HOT TOPIC: The professionalization of boards

“The board position used to be seen as an honour or a reward,” Gosbee says. “Now, going on a board is an absolutely serious matter. Your level of responsibility and accountability is greater than that of any advisor to the company – the lawyers, the accountants, the investment bankers. It has to be viewed not as a reward, but as something you have to put a lot of time and effort into. You have to exercise your fiduciary duty throughout the year. If people view that board position in a more serious manner, it will benefit the company and themselves.”

To prepare for increased responsibilities, many current and potential board members are seeking specialized credentials for being on a board. Leading the way in training directors is the Toronto-based Institute of Corporate Directors. “[Training] allows people on boards to have a greater awareness of the issues, rather than just joining a board because your buddy asked you to or because you own a bunch of shares,” Gosbee says.

John Brussa

Tax lawyer, Burnet, Duckworth & Palmer
Notable board appointments (past and present): Penn West Petroleum, Baytex Energy, North American Energy Partners

HOT TOPIC: Board composition

John Brussa says major technological changes over the last five to 10 years – particularly SAG D and fracking – have created stresses in oil and gas companies because many of them weren’t built for the new reality. “It’s created dislocation in the capital markets, stresses operationally and stress at the board level,” he says.

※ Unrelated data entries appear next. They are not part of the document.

-- ===== src/Identity/Linked/Ids.antt =====
-- core/identity.py, `linked_entities`: the sets of ids of its walk.
use mathlib.Core.Path.{subst}
use mathlib.Core.List.{Memᴰ}
use mathlib.Core.List.Memᴰ
use decision_ledger.Prelude.{
  ◌≡◌, refl, sym, ◌∙◌, ◌≤◌, ◌<◌, ℕ, suc, String, Bool, true, false, not, ◌&&◌, ◌||◌, Option, List,
  [], ◌∷◌, any, length, eqb, arith, if◌then◌else◌, Bool-cases, inl, inr,
}
use decision_ledger.Prelude.Sets.{any-append}
use decision_ledger.Identity.{Uuid}
use decision_ledger.Identity.Events.{Membership, is_current}
use decision_ledger.Identity.Linked.{has, add, union, add_new, is_link, touches, reached}

has-add : (x y : Uuid) (ids : List Uuid) → has (add y ids) x ≡ (has ids x || eqb y x)
unfolding add
has-add x y ids = ground (arith, any-append (λ z. eqb z x) ids (y ∷ []))

pub has-union : (x : Uuid) (ids xs : List Uuid) → has (union ids xs) x ≡ (has ids x || has xs x)
unfolding union
has-union x ids [] = ground arith
has-union x ids (y ∷ xs) = ground (arith, has-union x (add y ids) xs, has-add x y ids)

has-add_new :
    (seen : List Uuid) (y : Uuid) (found : List Uuid) (x : Uuid)
    → has (add_new seen y found) x ≡ (has found x || (eqb y x && not (has seen x)))
unfolding add_new
has-add_new seen y found x = elim (Bool-cases (eqb y x)) [
  | inl same ↦
      let e : y ≡ x = ground (arith, same) in
      subst (λ z. has (add_new seen z found) x ≡ (has found x || (eqb z x && not (has seen x))))
        (sym e) (ground (arith, has-add x x found))
  | inr other ↦ ground (arith, has-add x y found)
]

abbrev pub is_end : Membership → Uuid → Bool
is_end m x = eqb m.subject_entity_id x || eqb m.related_entity_id x

-- What the loop finds.
pub has-reached :
    (kind : Option String) (ids seen : List Uuid) (ms : List Membership) (found : List Uuid)
    (x : Uuid)
    → has (reached kind ids seen ms found) x ≡ (
        has found x
        || any (λ m. is_link kind m && (touches ids m && (is_end m x && not (has seen x)))) ms)
unfolding reached
has-reached kind ids seen [] found x = ground arith
has-reached kind ids seen (m ∷ ms) found x = ground (
  arith,
  has-reached kind ids seen ms
      (if is_link kind m && touches ids m
        then add_new seen m.related_entity_id (add_new seen m.subject_entity_id found)
        else found)
      x,
  has-add_new seen m.related_entity_id (add_new seen m.subject_entity_id found) x,
  has-add_new seen m.subject_entity_id found x,
)

-- `edges` answers from a table: only with its intervals, and with all that hold now and touch an id
-- that it was given.
pub record IsEdges (table : List Membership) (edges : List Uuid → List Membership) : Type 0 where
  pub sound : (ids : List Uuid) (m : Membership) → Memᴰ m (edges ids) → Memᴰ m table
  pub complete :
      (ids : List Uuid) (m : Membership)
      → Memᴰ m table
      → is_current m ≡ true
      → touches ids m ≡ true
      → Memᴰ m (edges ids)

abbrev pub ends_of : List Membership → List Uuid
ends_of [] = []
ends_of (m ∷ ms) = m.subject_entity_id ∷ m.related_entity_id ∷ ends_of ms

pub any-witness {ℓ} :
    {A : Type ℓ} (p : A → Bool) (xs : List A) → any p xs ≡ true → (x : A) × Memᴰ x xs × (p x ≡ true)
any-witness p [] h = cc
any-witness p (x ∷ xs) h = elim (Bool-cases (p x)) [
  | inl holds ↦ (x, Memᴰ.head refl, holds)
  | inr fails ↦ let (y, m, holds) = any-witness p xs (ground arith) in (y, Memᴰ.tail m, holds)
]

pub any-of_mem {ℓ} :
    {A : Type ℓ} (p : A → Bool) (x : A) (xs : List A) → Memᴰ x xs → p x ≡ true → any p xs ≡ true
any-of_mem p x [] m h = absurd (Memᴰ.not-nil m)
any-of_mem p x (y ∷ ys) m h = elim (Memᴰ.cases_cons m) [
  | inl e ↦ rw (← e, h) refl
  | inr later ↦ ground (arith, any-of_mem p x ys later h)
]

pub has-ends_of :
    (table : List Membership) (m : Membership) (x : Uuid)
    → Memᴰ m table
    → is_end m x ≡ true
    → has (ends_of table) x ≡ true
has-ends_of [] m x listed h = absurd (Memᴰ.not-nil listed)
has-ends_of (k ∷ ks) m x listed h = elim (Memᴰ.cases_cons listed) [
  | inl e ↦ let h' : is_end k x ≡ true = rw (← e) h in ground arith
  | inr later ↦ ground (arith, has-ends_of ks m x later h)
]

-- The ids that a walk has not seen.
abbrev pub unseen : List Uuid → List Uuid → ℕ
unseen seen [] = 0
unseen seen (x ∷ xs) = let rest = unseen seen xs in if has seen x then rest else suc rest

pub unseen-le-length : (seen ids : List Uuid) → unseen seen ids ≤ length ids
unseen-le-length seen [] = omega arith
unseen-le-length seen (x ∷ xs) = ground (arith, unseen-le-length seen xs)

pub unseen-le : (seen more ids : List Uuid) → unseen (union seen more) ids ≤ unseen seen ids
unseen-le seen more [] = omega arith
unseen-le seen more (x ∷ xs) = ground (arith, unseen-le seen more xs, has-union x seen more)

pub unseen-lt :
    (seen more ids : List Uuid) (x : Uuid)
    → has ids x ≡ true
    → has seen x ≡ false
    → has more x ≡ true
    → unseen (union seen more) ids < unseen seen ids
unseen-lt seen more [] x listed out new = cc
unseen-lt seen more (y ∷ ys) x listed out new = elim (Bool-cases (eqb y x)) [
  | inl same ↦
      let e : y ≡ x = ground (arith, same) in
      let out' : has seen y ≡ false = rw e out in
      let in' : has (union seen more) y ≡ true =
        rw e (has-union x seen more ∙ rw new (ground arith)) in
      rw (out', in') (omega (arith, unseen-le seen more ys))
  | inr other ↦
      ground (arith, unseen-lt seen more ys x, unseen-le seen more ys, has-union y seen more)
]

Brussa compares the extent of the upheaval to the transportation revolution spawned by the invention of the car. “You may have a bunch of board members who are experts in horse and carriage transportation,” he says, “but you don’t have too many who are experts in automobile transport. The best car mechanics these days are not at the boardroom table.”

The challenge in this new reality for Albertan companies is to build a board of people with complementary skill sets. “You want someone with financial markets experience, someone with real life accounting experience, someone with geology, someone with engineering, someone with experience running a company.” If you can manage all that, Brussa says, the rewards are waiting. “If you’re on top of how the business has changed, there’s real money to be made,” he says. “If not, you’re roadkill.”

“[A board] is like a hockey team: You don’t want 23 stay-at-home defencemen, but you don’t want 23 flashy Russian left wingers, either.”